→ TASK INSTRUCTIONS: How many lines in the data below include the word "standard"? State the number alone.

** WORKING DATA follows **

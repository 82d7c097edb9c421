-- ===== src/Textutils/Comm/Columns.antt =====
-- The columns that `compare` of internal/applets/textutils/comm/comm.go gives sorted files.
use mimixbox.Prelude.{
  ℕ, suc, ◌+◌, ◌-◌, ◌≡◌, refl, ◌∙◌, sym, subst, Bool, Bool-cases, inl, inr, true, false, ◌&&◌, List,
  [], ◌∷◌, min, arith, if◌then◌else◌, Bytes, bytes_eq, bytes_eq→eq,
}
use mimixbox.Golang.Strings.Order.{bytes_ltb, bytes_ltb_connex, bytes_ltb_below, bytes_ltb-bytes_eq}
use mimixbox.Textutils.Comm.{sorted, Column, column1, column2, column3, merged}

-- How often the line `z` is in a file, and in a column of the output.
unfoldable pub count : Bytes → List Bytes → ℕ
unfolding bytes_eq
count z [] = 0
count z (x ∷ a) = if bytes_eq z x then suc (count z a) else count z a

unfoldable same_column : Column → Column → Bool
same_column column1 column1 = true
same_column column2 column2 = true
same_column column3 column3 = true
same_column _ _ = false

unfoldable pub column_count : Column → Bytes → List (Column × Bytes) → ℕ
unfolding bytes_eq same_column
column_count k z [] = 0
column_count k z (c ∷ cells) =
    if same_column c.0 k && bytes_eq z c.1
    then suc (column_count k z cells)
    else column_count k z cells

module _ (x : Bytes) (a : List Bytes) (y : Bytes) (b : List Bytes) where
  merged_first : bytes_ltb x y ≡ true → merged (x ∷ a) (y ∷ b) ≡ (column1, x) ∷ merged a (y ∷ b)
  unfolding merged
  merged_first h = rw (h, merged) refl

  merged_second :
      bytes_ltb x y ≡ false
      → bytes_ltb y x ≡ true
      → merged (x ∷ a) (y ∷ b) ≡ (column2, y) ∷ merged (x ∷ a) b
  unfolding merged
  merged_second h k = rw (h, k, merged) refl

  merged_both :
      bytes_ltb x y ≡ false
      → bytes_ltb y x ≡ false
      → merged (x ∷ a) (y ∷ b) ≡ (column3, x) ∷ merged a b
  unfolding merged
  merged_both h k = rw (h, k, merged) refl

merged_old : (x : Bytes) (a : List Bytes) → merged (x ∷ a) [] ≡ (column1, x) ∷ merged a []
unfolding merged
merged_old x a = refl

merged_new : (y : Bytes) (b : List Bytes) → merged [] (y ∷ b) ≡ (column2, y) ∷ merged [] b
unfolding merged
merged_new y b = refl

one_left :
    (t : Bool) (p q m : ℕ) → p + q ≡ m → (if t then suc p else p) + q ≡ (if t then suc m else m)
one_left true p q m h = omega (arith, h)
one_left false p q m h = h

one_right :
    (t : Bool) (p q m : ℕ) → p + q ≡ m → p + (if t then suc q else q) ≡ (if t then suc m else m)
one_right true p q m h = omega (arith, h)
one_right false p q m h = h

sorted_next :
    (x y : Bytes) (a : List Bytes)
    → sorted (x ∷ y ∷ a) ≡ true
    → (bytes_ltb y x ≡ false) × (sorted (y ∷ a) ≡ true)
unfolding sorted
sorted_next x y a h = elim (Bool-cases (bytes_ltb y x)) [
  | inl e ↦ absurd (let off : false ≡ true = sym (rw e refl) ∙ h in cc)
  | inr e ↦ (e, sym (rw e refl) ∙ h)
]

sorted_tail : (x : Bytes) (a : List Bytes) → sorted (x ∷ a) ≡ true → sorted a ≡ true
sorted_tail x [] h = unfold sorted in refl
sorted_tail x (y ∷ a) h = (sorted_next x y a h).1

-- A line before all of a sorted file is not in it.
count_below :
    (x y : Bytes) (b : List Bytes)
    → bytes_ltb x y ≡ true
    → sorted (y ∷ b) ≡ true
    → count x (y ∷ b) ≡ 0
unfolding count
count_below x y [] h s = rw (bytes_ltb-bytes_eq x y h) refl
count_below x y (z ∷ b) h s =
    let next = sorted_next y z b s in
    let rest = count_below x z b (bytes_ltb_below x y z h next.0) next.1 in
    rw (bytes_ltb-bytes_eq x y h) rest

-- A line of which the other file has none leaves the smaller of the two numbers.
min_first :
    (z x : Bytes) (m n : ℕ)
    → (bytes_eq z x ≡ true → n ≡ 0)
    → min m n ≡ min (if bytes_eq z x then suc m else m) n
min_first z x m n h = elim (Bool-cases (bytes_eq z x)) [
  | inl same ↦ let none_there = h same in rw same (omega (arith, none_there))
  | inr other ↦ rw other refl
]

min_second :
    (z y : Bytes) (m n : ℕ)
    → (bytes_eq z y ≡ true → m ≡ 0)
    → min m n ≡ min m (if bytes_eq z y then suc n else n)
min_second z y m n h = elim (Bool-cases (bytes_eq z y)) [
  | inl same ↦ let none_there = h same in rw same (omega (arith, none_there))
  | inr other ↦ rw other refl
]

min_both :
    (t : Bool) (k m n : ℕ)
    → k ≡ min m n
    → (if t then suc k else k) ≡ min (if t then suc m else m) (if t then suc n else n)
min_both true k m n h = omega (arith, h)
min_both false k m n h = h

absent :
    (z x y : Bytes) (b : List Bytes)
    → bytes_ltb x y ≡ true
    → sorted (y ∷ b) ≡ true
    → bytes_eq z x ≡ true
    → count z (y ∷ b) ≡ 0
absent z x y b h s e =
    subst (λ w. count w (y ∷ b) ≡ 0) (sym (bytes_eq→eq z x e)) (count_below x y b h s)

module _ (z : Bytes) where
  common-rest :
      (a : List Bytes)
      → (column_count column3 z (merged a []) ≡ 0) × (column_count column3 z (merged [] a) ≡ 0)
  unfolding column_count same_column merged
  common-rest [] = (refl, refl)
  common-rest (x ∷ a) = common-rest a

  count-nil : count z [] ≡ 0
  unfolding count
  count-nil = refl

  common-count :
      (a b : List Bytes)
      → sorted a ≡ true
      → sorted b ≡ true
      → column_count column3 z (merged a b) ≡ min (count z a) (count z b)
  unfolding column_count same_column count
  common-count [] b s t = omega (arith, (common-rest b).1)
  common-count (x ∷ a) [] s t = omega (arith, (common-rest (x ∷ a)).0)
  common-count (x ∷ a) (y ∷ b) s t = elim (Bool-cases (bytes_ltb x y)) [
    | inl less ↦ rw (merged_first x a y b less) (
        common-count a (y ∷ b) (sorted_tail x a s) t
        ∙ min_first z x (count z a) (count z (y ∷ b)) (absent z x y b less t))
    | inr not_less ↦ elim (Bool-cases (bytes_ltb y x)) [
      | inl more ↦ rw (merged_second x a y b not_less more) (
          common-count (x ∷ a) b s (sorted_tail y b t)
          ∙ min_second z y (count z (x ∷ a)) (count z b) (absent z y x a more s))
      | inr not_more ↦
          rw (merged_both x a y b not_less not_more, sym (bytes_ltb_connex x y not_less not_more))
            (min_both (bytes_eq z x) (column_count column3 z (merged a b)) (count z a) (count z b)
              (common-count a b (sorted_tail x a s) (sorted_tail y b t)))
    ]
  ]

  -- Each line of the first file is in column 1 or 3, each of the second in column 2 or 3.
  merged-contents :
      (a b : List Bytes)
      → (column_count column1 z (merged a b) + column_count column3 z (merged a b) ≡ count z a)
        × (column_count column2 z (merged a b) + column_count column3 z (merged a b) ≡ count z b)
  unfolding column_count same_column count
  merged-contents [] [] = unfold merged in (omega arith, omega arith)
  merged-contents (x ∷ a) [] =
      let rest = merged-contents a [] in
      rw (merged_old x a) (
        one_left (bytes_eq z x) (column_count column1 z (merged a []))
            (column_count column3 z (merged a [])) (count z a) rest.0,
        rest.1,
      )
  merged-contents [] (y ∷ b) =
      let rest = merged-contents [] b in
      rw (merged_new y b) (
        rest.0,
        one_left (bytes_eq z y) (column_count column2 z (merged [] b))
            (column_count column3 z (merged [] b)) (count z b) rest.1,
      )
  merged-contents (x ∷ a) (y ∷ b) = elim (Bool-cases (bytes_ltb x y)) [
    | inl less ↦
        let rest = merged-contents a (y ∷ b) in
        let cells = merged a (y ∷ b) in
        rw (merged_first x a y b less) (
          one_left (bytes_eq z x) (column_count column1 z cells) (column_count column3 z cells)
              (count z a) rest.0,
          rest.1,
        )
    | inr not_less ↦ elim (Bool-cases (bytes_ltb y x)) [
      | inl more ↦
          let rest = merged-contents (x ∷ a) b in
          let cells = merged (x ∷ a) b in
          rw (merged_second x a y b not_less more) (
            rest.0,
            one_left (bytes_eq z y) (column_count column2 z cells) (column_count column3 z cells)
                (count z b) rest.1,
          )
      | inr not_more ↦
          let rest = merged-contents a b in
          let cells = merged a b in
          rw (merged_both x a y b not_less not_more, sym (bytes_ltb_connex x y not_less not_more))
            (
              one_right (bytes_eq z x) (column_count column1 z cells) (column_count column3 z cells)
                  (count z a) rest.0,
              one_right (bytes_eq z x) (column_count column2 z cells) (column_count column3 z cells)
                  (count z b) rest.1,
            )
    ]
  ]

  -- Of files that `sorted` accepts, column 3 has each line as often as both files have it, column 1 as
  -- often as the first has it more than the second, and column 2 as often as the second has it more.
  pub merged-counts :
      (a b : List Bytes)
      → sorted a ≡ true
      → sorted b ≡ true
      → (column_count column3 z (merged a b) ≡ min (count z a) (count z b))
        × ((column_count column1 z (merged a b) ≡ count z a - count z b)
            × (column_count column2 z (merged a b) ≡ count z b - count z a))
  merged-counts a b s t =
      let both = common-count a b s t in
      let contents = merged-contents a b in
      (both, (omega (arith, both, contents.0), omega (arith, both, contents.1)))
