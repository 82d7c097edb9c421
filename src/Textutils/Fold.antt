-- ===== src/Textutils/Fold.antt =====
-- internal/applets/textutils/fold/fold.go behind the option parser. `open_file` gives the bytes of a
-- named file or the text of `command.FileError`.
pub mod Pieces
use mimixbox.Prelude.{
  ℕ, zero, suc, ◌+◌, ◌-◌, ◌≤◌, ◌≡◌, Bool, true, false, ◌||◌, List, [], ◌∷◌, ◌++◌, ltb, ◌==◌,
  if◌then◌else◌, Option, none, some, Bytes, codes, bytes_eq, length, take, drop, Result, ok, err,
}
use mimixbox.Golang.Bufio.{scan_lines}

-- `LastIndexAny(s, " \t")`.
unfoldable pub last_blank : Bytes → Option ℕ
last_blank [] = none
last_blank (c ∷ s) = elim (last_blank s) [
  | some i ↦ some (suc i)
  | none ↦ if c == b' ' || c == b'\t' then some 0 else none
]

-- The place of the next cut in a line that is too long.
unfoldable pub cut_of : ℕ → Bool → Bytes → ℕ
unfolding last_blank
cut_of width false line = width
cut_of width true line = elim (last_blank (take width line)) [
  | none ↦ width
  | some idx ↦ if ltb 0 idx then idx + 1 else width
]

-- The loop of `foldLine` on fuel; a round cuts off one byte at least.
unfoldable pub fold_loop : ℕ → ℕ → Bool → Bytes → List Bytes
unfolding cut_of
fold_loop zero width spaces line = line ∷ []
fold_loop (suc fuel) width spaces line =
    let cut = cut_of width spaces line in
    let rest = fold_loop fuel width spaces (drop cut line) in
    if ltb width (length line) then take cut line ∷ rest else line ∷ []

unfoldable pub fold_line : Bytes → ℕ → Bool → List Bytes
unfolding fold_loop
fold_line line width spaces = fold_loop (length line) width spaces line

unfoldable pub write_pieces : List Bytes → Bytes
write_pieces [] = []
write_pieces (p ∷ pieces) = p ++ (codes "\n" ++ write_pieces pieces)

-- `foldFile` on the lines of the file.
unfoldable pub fold_lines : List Bytes → ℕ → Bool → Bytes
unfolding write_pieces fold_line
fold_lines [] width spaces = []
fold_lines (l ∷ lines) width spaces =
    write_pieces (fold_line l width spaces) ++ fold_lines lines width spaces

pub record Outcome : Type 0 where
  pub out : Bytes
  pub errors : Bytes
  pub failed : Bool

-- `command.Open` and the reading of it: "-" is the standard input, of which nothing is left behind
-- it. What is read, and what is left of the standard input.
operand : (Bytes → Result Bytes Bytes) → Bytes → Bytes → Result Bytes Bytes × Bytes
unfolding bytes_eq
operand open_file name input =
    if bytes_eq name (codes "-") then (ok input, []) else (open_file name, input)

module _ (open_file : Bytes → Result Bytes Bytes) (width : ℕ) (spaces : Bool) where
  unfoldable pub run_files : List Bytes → Bytes → Outcome
  unfolding fold_lines scan_lines operand
  run_files [] input = record { out = []; errors = []; failed = false }
  run_files (name ∷ files) input =
      let rest = run_files files (operand open_file name input).1 in
      elim ((operand open_file name input).0) [
        | err e ↦ record {
          out = rest.out;
          errors = codes "fold: " ++ (e ++ (codes "\n" ++ rest.errors));
          failed = true;
        }
        | ok text ↦ record rest { out = fold_lines (scan_lines text) width spaces ++ rest.out }
      ]

  -- Without operands the standard input, which has the name "-", is folded.
  unfoldable pub run : List Bytes → Bytes → Outcome
  unfolding run_files
  run [] input = run_files (codes "-" ∷ []) input
  run (name ∷ files) input = run_files (name ∷ files) input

** End of WORKING DATA **

→ RESPONSE TO THE TASK: 3